Autism Speaks, the world’s largest autism charity, wants to create a “spectrum of solutions” for autism. Similarly, MIT’s new $20 million Tan-Yang Center for Autism Research aims to “potentially prevent autism,” and Donald Trump has resolved to promote “innovation that leads to new treatments and cures for autism.”
“What’s wrong with that,” you may wonder. A lot of people have autism-related difficulties, therefore if you get rid of the autism, you get rid of the difficulties, and they’ll be happy, right?
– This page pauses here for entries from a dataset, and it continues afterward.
-- ===== src/Common/Dicts.antt =====
-- Go maps as association lists: the order is not observable in the program, which sorts whatever
-- it lists. A write to a key that is there replaces its value.
use mathlib.Core.Path.{◌≡◌, refl}
use mathlib.Core.Option.{Option, none, some, get_or}
use Prim.Native.Nat.{ℕ, ◌+◌}
use mathlib.Core.Bool.{Bool}
use qurator.Common.Lists.{sum_where}
use mathlib.Core.List.{List, [], ◌∷◌}
use native.Mathlib.Omega.{arith}
use mathlib.Core.Logic.{◌⊎◌, inl, inr}
use mathlib.Core.Bool.{false}
use qurator.Common.Tests.{Bool-cases, Eq, ◌==◌, if◌then◌else◌}

abbrev pub Dict {ℓ κ} : Type ℓ → Type κ → Type (ℓ ⊔ κ)
Dict K V = List (K × V)

module _ {ℓ κ} {K : Type ℓ} {V : Type κ} ⦃e : Eq K⦄ where
  -- m[k], none where Go's second result is false
  unfoldable pub lookup : K → Dict K V → Option V
  lookup k [] = none
  lookup k ((j, v) ∷ m) = if j == k then some v else lookup k m

  -- m[k] = v
  unfoldable pub insert : K → V → Dict K V → Dict K V
  insert k v [] = (k, v) ∷ []
  insert k v ((j, w) ∷ m) = if j == k then (k, v) ∷ m else (j, w) ∷ insert k v m

  -- delete(m, k)
  unfoldable pub delete : K → Dict K V → Dict K V
  delete k [] = []
  delete k ((j, v) ∷ m) = let rest = delete k m in if j == k then rest else (j, v) ∷ rest

  pub lookup-insert :
      (j k : K) (v : V) (m : Dict K V)
      → lookup j (insert k v m) ≡ (if k == j then some v else lookup j m)
  unfolding lookup insert
  lookup-insert j k v [] = refl
  lookup-insert j k v ((i, w) ∷ m) =
      ground (arith, e.beq_iff k j, e.beq_iff i k, e.beq_iff i j, lookup-insert j k v m)

  pub lookup-delete :
      (j k : K) (m : Dict K V) → lookup j (delete k m) ≡ (if k == j then none else lookup j m)
  unfolding lookup delete
  lookup-delete j k [] = ground arith
  lookup-delete j k ((i, w) ∷ m) =
      ground (arith, e.beq_iff k j, e.beq_iff i k, e.beq_iff i j, lookup-delete j k m)

abbrev pub values {ℓ κ} : {K : Type ℓ} {V : Type κ} → Dict K V → List V
values [] = []
values ((k, v) ∷ m) = v ∷ values m

module _ {ℓ κ} {K : Type ℓ} {V : Type κ} ⦃e : Eq K⦄ where
  pub lookup-insert_self : (k : K) (v : V) (m : Dict K V) → lookup k (insert k v m) ≡ some v
  lookup-insert_self k v m = ground (arith, lookup-insert k k v m, e.beq_iff k k)

  -- What a lookup after a write found is the value written, or was there before.
  pub lookup-insert-some :
      (j k : K) (v w : V) (m : Dict K V)
      → lookup j (insert k v m) ≡ some w
      → ((k ≡ j) × (v ≡ w)) ⊎ (((k == j) ≡ false) × (lookup j m ≡ some w))
  lookup-insert-some j k v w m h = elim (Bool-cases (k == j)) [
    | inl t ↦ inl ((e.beq_iff k j).0 t, ground (arith, lookup-insert j k v m))
    | inr f ↦ inr (f, ground (arith, lookup-insert j k v m))
  ]

  pub lookup-delete-some :
      (j k : K) (w : V) (m : Dict K V)
      → lookup j (delete k m) ≡ some w
      → ((k == j) ≡ false) × (lookup j m ≡ some w)
  lookup-delete-some j k w m h = ground (arith, lookup-delete j k m)

abbrev pub mass {ℓ} : {K : Type ℓ} → (K → Bool) → Dict K ℕ → ℕ
mass p = sum_where (λ x. p x.0) (λ x. x.1)

-- m[k] += n, and the sum of the values at the keys that pass a test
module _ {ℓ} {K : Type ℓ} ⦃e : Eq K⦄ where
  unfoldable pub bump : K → ℕ → Dict K ℕ → Dict K ℕ
  bump k n m = insert k (get_or (lookup k m) 0 + n) m

  mass-insert :
      (p : K → Bool) (k : K) (v : ℕ) (m : Dict K ℕ)
      → mass p (insert k v m) + (if p k then get_or (lookup k m) 0 else 0)
        ≡ mass p m + (if p k then v else 0)
  unfolding sum_where insert lookup
  mass-insert p k v [] = ground arith
  mass-insert p k v ((j, w) ∷ m) = ground (arith, e.beq_iff j k, mass-insert p k v m)

  pub mass-bump :
      (p : K → Bool) (k : K) (n : ℕ) (m : Dict K ℕ)
      → mass p (bump k n m) ≡ mass p m + (if p k then n else 0)
  unfolding bump
  mass-bump p k n m = ground (arith, mass-insert p k (get_or (lookup k m) 0 + n) m)

-- No key stands twice.
module _ {ℓ κ} {K : Type ℓ} {V : Type κ} ⦃e : Eq K⦄ where
  abbrev pub Distinct : Dict K V → Type κ
  Distinct [] = Unit
  Distinct ((k, v) ∷ m) = (lookup k m ≡ none) × Distinct m

  pub insert-Distinct : (k : K) (v : V) (m : Dict K V) → Distinct m → Distinct (insert k v m)
  unfolding insert lookup
  insert-Distinct k v [] h = (refl, tt)
  insert-Distinct k v ((j, w) ∷ m) (f, h) = elim (Bool-cases (j == k)) [
    | inl t ↦ rw t (ground (arith, e.beq_iff j k), h)
    | inr n ↦ rw n (
      ground (arith, e.beq_iff j k, lookup-insert j k v m, e.beq_iff k j),
      insert-Distinct k v m h,
    )
  ]
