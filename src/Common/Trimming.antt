-- ===== src/Common/Trimming.antt =====
-- How strings.ToLower and strings.TrimSpace act on one another, and when they change nothing.
use Prim.Native.Nat.{ℕ}
use mathlib.Core.Path.{◌≡◌, refl, ap, ◌∙◌}
use mathlib.Core.Bool.{Bool, true, not, ◌&&◌}
use mathlib.Core.List.{[], ◌∷◌}
use native.Mathlib.Omega.{arith}
use qurator.Common.Lists.{all}
use qurator.Common.Strings.{
  Text, is_space, is_upper, is_empty, lower_byte, to_lower, trim_left, trim_right, trim_space,
  trim_right_idem,
}

lower-space : (c : ℕ) → is_space (lower_byte c) ≡ is_space c
lower-space c = ground arith

is_empty-to_lower : (s : Text) → is_empty (to_lower s) ≡ is_empty s
unfolding to_lower
is_empty-to_lower [] = refl
is_empty-to_lower (c ∷ s) = refl

trim_left-to_lower : (s : Text) → trim_left (to_lower s) ≡ to_lower (trim_left s)
unfolding trim_left to_lower
trim_left-to_lower [] = refl
trim_left-to_lower (c ∷ s) = ground (arith, lower-space c, trim_left-to_lower s)

trim_right-to_lower : (s : Text) → trim_right (to_lower s) ≡ to_lower (trim_right s)
unfolding trim_right to_lower
trim_right-to_lower [] = refl
trim_right-to_lower (c ∷ s) =
    ground (arith, lower-space c, trim_right-to_lower s, is_empty-to_lower (trim_right s))

pub trim_space-to_lower : (s : Text) → trim_space (to_lower s) ≡ to_lower (trim_space s)
unfolding trim_space
trim_space-to_lower s = ap trim_right (trim_left-to_lower s) ∙ trim_right-to_lower (trim_left s)

-- What `trim_left` leaves does not begin with white space.
abbrev starts_clean : Text → Bool
starts_clean [] = true
starts_clean (c ∷ s) = not (is_space c)

starts_clean-trim_left : (s : Text) → starts_clean (trim_left s) ≡ true
unfolding trim_left
starts_clean-trim_left [] = refl
starts_clean-trim_left (c ∷ s) = ground (arith, starts_clean-trim_left s)

starts_clean-trim_right : (s : Text) → starts_clean s ≡ true → starts_clean (trim_right s) ≡ true
unfolding trim_right
starts_clean-trim_right [] h = refl
starts_clean-trim_right (c ∷ s) h = ground arith

trim_left-eq_self : (s : Text) → starts_clean s ≡ true → trim_left s ≡ s
unfolding trim_left
trim_left-eq_self [] h = refl
trim_left-eq_self (c ∷ s) h = ground arith

pub trim_space_idem : (s : Text) → trim_space (trim_space s) ≡ trim_space s
unfolding trim_space
trim_space_idem s =
    ap trim_right (
      trim_left-eq_self (trim_right (trim_left s))
        (starts_clean-trim_right (trim_left s) (starts_clean-trim_left s)))
    ∙ trim_right_idem (trim_left s)

-- A text of characters that are neither white space nor upper-case letters.
abbrev pub is_plain : ℕ → Bool
is_plain c = not (is_space c) && not (is_upper c)

pub to_lower-eq_self : (s : Text) → all is_plain s ≡ true → to_lower s ≡ s
unfolding to_lower
to_lower-eq_self [] h = refl
to_lower-eq_self (c ∷ s) h = ground (arith, to_lower-eq_self s)

trim_right-eq_self : (s : Text) → all is_plain s ≡ true → trim_right s ≡ s
unfolding trim_right
trim_right-eq_self [] h = refl
trim_right-eq_self (c ∷ s) h = ground (arith, trim_right-eq_self s)

trim_left-eq_plain : (s : Text) → all is_plain s ≡ true → trim_left s ≡ s
unfolding trim_left
trim_left-eq_plain [] h = refl
trim_left-eq_plain (c ∷ s) h = ground arith

pub trim_space-eq_self : (s : Text) → all is_plain s ≡ true → trim_space s ≡ s
unfolding trim_space
trim_space-eq_self s h = ap trim_right (trim_left-eq_plain s h) ∙ trim_right-eq_self s h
There are a multitude of competing theories about what autism is. Some think it’s caused by an “extreme male brain.” Some think its symptoms stem from a focus on details. Some think it results from hypersensitivity to sensory input such as light and sound. Others combine these theories, or have different ones. Regardless, there’s no consensus on the fundamental nature of autism. It doesn’t make sense to try to eliminate something when you don’t know what it is.
Ostensibly, these goals are here to improve autistics’ quality of life, but quality of life is deeply personal and highly subjective. For example, I don’t care that I can’t catch a ball, since there is literally no reason I would need to do that. I also am extremely thankful for my ability to speed read, since I wouldn’t be able to handle my course schedule otherwise. Someone whose job doesn’t require much reading and who loves to spend their weekends playing sports with friends might be just as happy with their life as I am, and be angry if they were forced to trade their skills and difficulties with mine.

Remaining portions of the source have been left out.